The good news is that because these individuals have a very high IQ, they can "learn" a lot of the skills they need to get along in society, with a good support system. In my son's case he does most of the things he wants to do, although his class has had several sessions to learn what it means to have him in their class and how they can help him fit in better. And I must say to their credit they do look out for him a lot.

Jim

It sounds like a person with Autistic spectrum problems who never had to adjust or learn to deal with society..Before pushing hubby into conflict, ask him if they had her diagnosed at all? Another thing is she might be totally ok, just a possessive sibling who is stricken by jealousy and who is used to certain behavior that might be beneficial to her for whatever reason..Ask your hubby if she acted like this in front of his exes, too, female friends, male friends, etc. Or, which is hard to believe, I know, the family is bored, so they let the attention hog get away with her shticks since she is keeping them busy. I would probably have your inlaws over for dinners, but her lot less, since she seems to stress you out. Once every 6mo, obligatory thing? I think I would feel a tad uncomfortable having her freak out my child and expose him/her to maladjusted ways. If she is an Aspie, or Autist, there are adult centers that specialize in treatment, it must be uncomfortable for her as well, if she is without any help and therapy, coping strategies..

If your husband's sister is along the Autism/Asperger's spectrum, maybe it would help you and your husband to read more about these conditions in women, especially.

Here's a start

http://blogs.plos.org/neurotribes/20...-an-aspergirl/

Rudy Simone is an American, living in San Francisco - she's written a lot about being an "Aspergirl". The blog post, I think, summarizes some of the differences between men and women.

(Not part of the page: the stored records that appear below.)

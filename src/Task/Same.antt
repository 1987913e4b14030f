-- ===== src/Task/Same.antt =====
-- The comparison of the records of src/task-runtime.ts is equality.
use agentmixer.Prelude.{String, true, Option, none, some, ◌≡◌, ◌↔◌, arith, eq_iff}
use agentmixer.Validation.Data.{provider_eq_iff}
use agentmixer.Accounts.Rows.{Lease}
use agentmixer.Task.Records.{
  Authentication, authentication_eq, Route, Model, Profile, RuntimeProof, Authority, Binding,
  same_text, same_route, same_model, same_profile, same_runtime, same_lease, same_authority,
  same_binding,
}

authentication_eq_iff : (a b : Authentication) → (authentication_eq a b ≡ true) ↔ (a ≡ b)
unfolding authentication_eq
authentication_eq_iff a b = ground arith

same_text_iff : (a b : Option String) → (same_text a b ≡ true) ↔ (a ≡ b)
unfolding same_text
same_text_iff none none = ground arith
same_text_iff none (some b) = ground arith
same_text_iff (some a) none = ground arith
same_text_iff (some a) (some b) = ground (arith, eq_iff a b)

pub same_route_iff : (a b : Route) → (same_route a b ≡ true) ↔ (a ≡ b)
unfolding same_route
same_route_iff a b = ground (
  arith,
  eq_iff a.id b.id,
  provider_eq_iff a.provider b.provider,
  authentication_eq_iff a.authentication b.authentication,
)

same_model_iff : (a b : Model) → (same_model a b ≡ true) ↔ (a ≡ b)
unfolding same_model
same_model_iff a b = ground (
  arith,
  eq_iff a.id b.id,
  same_text_iff a.reasoning_effort b.reasoning_effort,
  same_text_iff a.service_tier b.service_tier,
)

pub same_profile_iff : (a b : Profile) → (same_profile a b ≡ true) ↔ (a ≡ b)
unfolding same_profile
same_profile_iff a b = ground (arith, eq_iff a.id b.id, eq_iff a.digest b.digest)

same_runtime_iff : (a b : RuntimeProof) → (same_runtime a b ≡ true) ↔ (a ≡ b)
unfolding same_runtime
same_runtime_iff a b = ground (
  arith,
  eq_iff a.runtime_version b.runtime_version,
  eq_iff a.runtime_digest b.runtime_digest,
  eq_iff a.evidence_digest b.evidence_digest,
)

same_lease_iff : (a b : Lease) → (same_lease a b ≡ true) ↔ (a ≡ b)
unfolding same_lease
same_lease_iff a b = ground (
  arith,
  provider_eq_iff a.provider b.provider,
  eq_iff a.account_id b.account_id,
  eq_iff a.owner b.owner,
)

same_authority_iff : (a b : Option Authority) → (same_authority a b ≡ true) ↔ (a ≡ b)
unfolding same_authority
same_authority_iff none none = ground arith
same_authority_iff none (some b) = ground arith
same_authority_iff (some a) none = ground arith
same_authority_iff (some a) (some b) =
    ground (arith, eq_iff a.model_catalog_digest b.model_catalog_digest)

-- Two bindings are the same if and only if they are equal in every field.
pub same_binding_iff : (a b : Binding) → (same_binding a b ≡ true) ↔ (a ≡ b)
unfolding same_binding
same_binding_iff a b = ground (
  arith,
  same_route_iff a.route b.route,
  eq_iff a.account_id b.account_id,
  eq_iff a.workspace_id b.workspace_id,
  eq_iff a.run_id b.run_id,
  same_profile_iff a.profile b.profile,
  same_model_iff a.model b.model,
  same_runtime_iff a.runtime b.runtime,
  same_lease_iff a.account_lease b.account_lease,
  same_authority_iff a.authority b.authority,
)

Many people with these conditions have a lot of anxiety, so it's helpful to deal with that aspect. On the positive side, people with Aspergers/Autism are loyal and generally intelligent, but they may need help to structure proper behaviors. If she's really anxious about social situations, she can forget how to behave or misbehave. And yes, even if she's well into her 30's she may require some structure and reinforcement.

Of course, that may not be the issue at all... it's hard to say on an Internet forum. Good luck! And congratulations.

My nephew was diagnosed with Aspergers just last year, at the age of 28.

He was a very odd, introverted child and teenager and prone to violent outbursts. Now that we know why we all can rally round to make him feel comfortable in certain scenarios.

He now has a job and his own flat and seems to be coping. I am quite proud of him and what he has achieved. I don't know if he takes any medication or not.

Thank you for all the helpful reply. To some of you , I might sound like I hate his sister, but I am really sincere in helping her IF she is really suffering and not just a spoilt brat by her mum.

She does have a low paying job as she is not book smart and somehow the companies she works for always went bankrupt or if they need to lay off workers, she is always one of the 1st to go (always due to the fact she is the newest??)

I will definitely read up on Asperger and find out if she might have a very mild condition.

It will make me more patient towards her if she is really ill, but am I wrong to be distant if I realised that it is really just plain childishness?